Third harmonic-mediated amplification in TWPA

TL;DR

This work redefines the role of third-harmonic generation in Josephson Traveling-Wave Parametric Amplifiers by showing that phase-matched THG can substantially increase both gain and bandwidth in a plasma-oscillation-based TWPA. The authors extend the coupled-mode theory to include the pump's third harmonic and relevant sidebands, and validate the predictions with time-domain simulations and dispersion analyses, identifying a narrow pump-frequency sweet-spot around $f_p \approx 8.5$–$8.64\,\mathrm{GHz}$ where THG is most effective.

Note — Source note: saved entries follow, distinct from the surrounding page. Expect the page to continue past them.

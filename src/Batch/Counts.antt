-- ===== src/Batch/Counts.antt =====
-- What the counters of a summary count.
use tadori.Base.{
  ℕ, ◌+◌, ◌≡◌, refl, ap, sym, String, Bool, true, false, List, [], ◌∷◌, ◌++◌, length, arith,
  append_assoc, append-nil, if◌then◌else◌,
}
use tadori.Batch.Defs.{EntryState, terminal_entry, ValidationOutcome, EntryResult}
use tadori.Batch.Summary.{
  Summary, target_identity, count_state, count_outcome, count_capture, empty_summary,
  summarize_from, summarize,
}

abbrev pub count {ℓ} : {A : Type ℓ} → (A → Bool) → List A → ℕ
count p [] = 0
count p (x ∷ xs) = let rest = count p xs in if p x then rest + 1 else rest

abbrev pub is_queued : EntryState → Bool
is_queued EntryState.queued = true
is_queued _ = false

abbrev pub is_running : EntryState → Bool
is_running EntryState.running = true
is_running _ = false

abbrev pub is_failed : ValidationOutcome → Bool
is_failed ValidationOutcome.failed = true
is_failed _ = false

abbrev pub is_not_run : ValidationOutcome → Bool
is_not_run ValidationOutcome.not_run = true
is_not_run _ = false

abbrev pub failures : (EntryResult → String) → List EntryResult → List String
failures f [] = []
failures f (r ∷ rs) = let rest = failures f rs in if is_failed r.outcome then f r ∷ rest else rest

-- The sum of the five counters of outcomes.
abbrev pub judged : Summary → ℕ
judged s = s.passed + s.failed + s.partial + s.unsupported + s.cancelled

record Added (s : Summary) (rs : List EntryResult) (s' : Summary) : Type 0 where
  total : s'.total ≡ s.total
  queued : s'.queued ≡ s.queued + count (λ r. is_queued r.state) rs
  running : s'.running ≡ s.running + count (λ r. is_running r.state) rs
  completed : s'.completed ≡ s.completed + count (λ r. terminal_entry r.state) rs
  failed : s'.failed ≡ s.failed + length (failures (λ r. r.id) rs)
  validation :
      s'.validation_failure_count ≡ s.validation_failure_count + length (failures (λ r. r.id) rs)
  judged : judged s' + count (λ r. is_not_run r.outcome) rs ≡ judged s + length rs
  captured : s'.captured_failure_count ≡ s.captured_failure_count + count (λ r. r.capture_failed) rs
  ids : s'.failed_endpoint_ids ≡ s.failed_endpoint_ids ++ failures (λ r. r.id) rs
  identities : s'.failed_identities ≡ s.failed_identities ++ failures target_identity rs

summarize_from-Added : (s : Summary) (rs : List EntryResult) → Added s rs (summarize_from s rs)
unfolding summarize_from
summarize_from-Added s [] = record {
  total = refl;
  queued = omega arith;
  running = omega arith;
  completed = omega arith;
  failed = omega arith;
  validation = omega arith;
  judged = omega arith;
  captured = omega arith;
  ids = sym (append-nil s.failed_endpoint_ids);
  identities = sym (append-nil s.failed_identities);
}
summarize_from-Added s (r ∷ rs) =
    let h =
      summarize_from-Added
        (count_outcome r r.outcome (count_capture r.capture_failed (count_state r.state s))) rs in
    record {
      total = ground (arith, h.total);
      queued = ground (arith, h.queued);
      running = ground (arith, h.running);
      completed = ground (arith, h.completed);
      failed = ground (arith, h.failed);
      validation = ground (arith, h.validation);
      judged = ground (arith, h.judged);
      captured = ground (arith, h.captured);
      ids =
          ground (
            arith,
            h.ids,
            append_assoc s.failed_endpoint_ids (r.id ∷ []) (failures (λ r. r.id) rs),
          );
      identities = ground (
        arith,
        h.identities,
        append_assoc s.failed_identities (target_identity r ∷ []) (failures target_identity rs),
      );
    }

pub record Counts (rs : List EntryResult) (s : Summary) : Type 0 where
  pub total : s.total ≡ length rs
  pub queued : s.queued ≡ count (λ r. is_queued r.state) rs
  pub running : s.running ≡ count (λ r. is_running r.state) rs
  pub completed : s.completed ≡ count (λ r. terminal_entry r.state) rs
  pub states : s.queued + s.running + s.completed ≡ s.total
  pub outcomes : judged s + count (λ r. is_not_run r.outcome) rs ≡ s.total
  pub captured : s.captured_failure_count ≡ count (λ r. r.capture_failed) rs
  pub failed : s.failed ≡ length s.failed_endpoint_ids
  pub validation : s.validation_failure_count ≡ s.failed
  pub ids : s.failed_endpoint_ids ≡ failures (λ r. r.id) rs
  pub identities : s.failed_identities ≡ failures target_identity rs

count_states :
    (rs : List EntryResult)
    → count (λ r. is_queued r.state) rs
        + count (λ r. is_running r.state) rs
        + count (λ r. terminal_entry r.state) rs
      ≡ length rs
count_states [] = refl
count_states (r ∷ rs) = ground (arith, count_states rs)

-- The summary counts the results by state, each exactly once, so that the three state counters add
-- up to the total; the five outcome counters and the results that were not run add up to the total
-- as well; and the failed endpoint identifiers and identities are those of the failed results, in
-- order, as many as the failure counters say.
pub summarize-Counts : (rs : List EntryResult) → Counts rs (summarize rs)
unfolding summarize
summarize-Counts rs =
    let h = summarize_from-Added (empty_summary (length rs)) rs in
    record {
      total = h.total;
      queued = omega (arith, h.queued);
      running = omega (arith, h.running);
      completed = omega (arith, h.completed);
      states = omega (arith, h.queued, h.running, h.completed, h.total, count_states rs);
      outcomes = omega (arith, h.judged, h.total);
      captured = omega (arith, h.captured);
      failed = omega (arith, h.failed, ap length h.ids);
      validation = omega (arith, h.validation, h.failed);
      ids = h.ids;
      identities = h.identities;
    }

The extended CME-3 model reveals that THG mediates new amplification pathways involving the sidebands, providing a quantitative explanation for the observed gain enhancement and the sweet-spot. These findings offer design principles for higher-performance, wider-bandwidth JTWPAs, with potential impact on quantum measurements requiring low-noise, broadband amplification.

Abstract

In Josephson Traveling-Wave Parametric Amplifiers, higher-order harmonics of the pump tone and its sidebands are commonly present and typically regarded as parasitic. Consequently, most design efforts have focused on suppressing these harmonics. In spite of that, motivated by transient simulations, we extend the coupled-mode theory and demonstrate that, contrary to conventional belief, the third harmonic can enhance amplifier performance, improving both gain and bandwidth. We show that the recently developed plasma oscillation-based amplifier is particularly well-suited for exploiting this effect. Their dispersion relation enables us to observe the phenomenon in transient numerical simulations using JoSIM and WRspice. These simulations reveal improvement of the amplifier's performance, specifically the doubling of the bandwidth and an increase in the gain.

Figures (9)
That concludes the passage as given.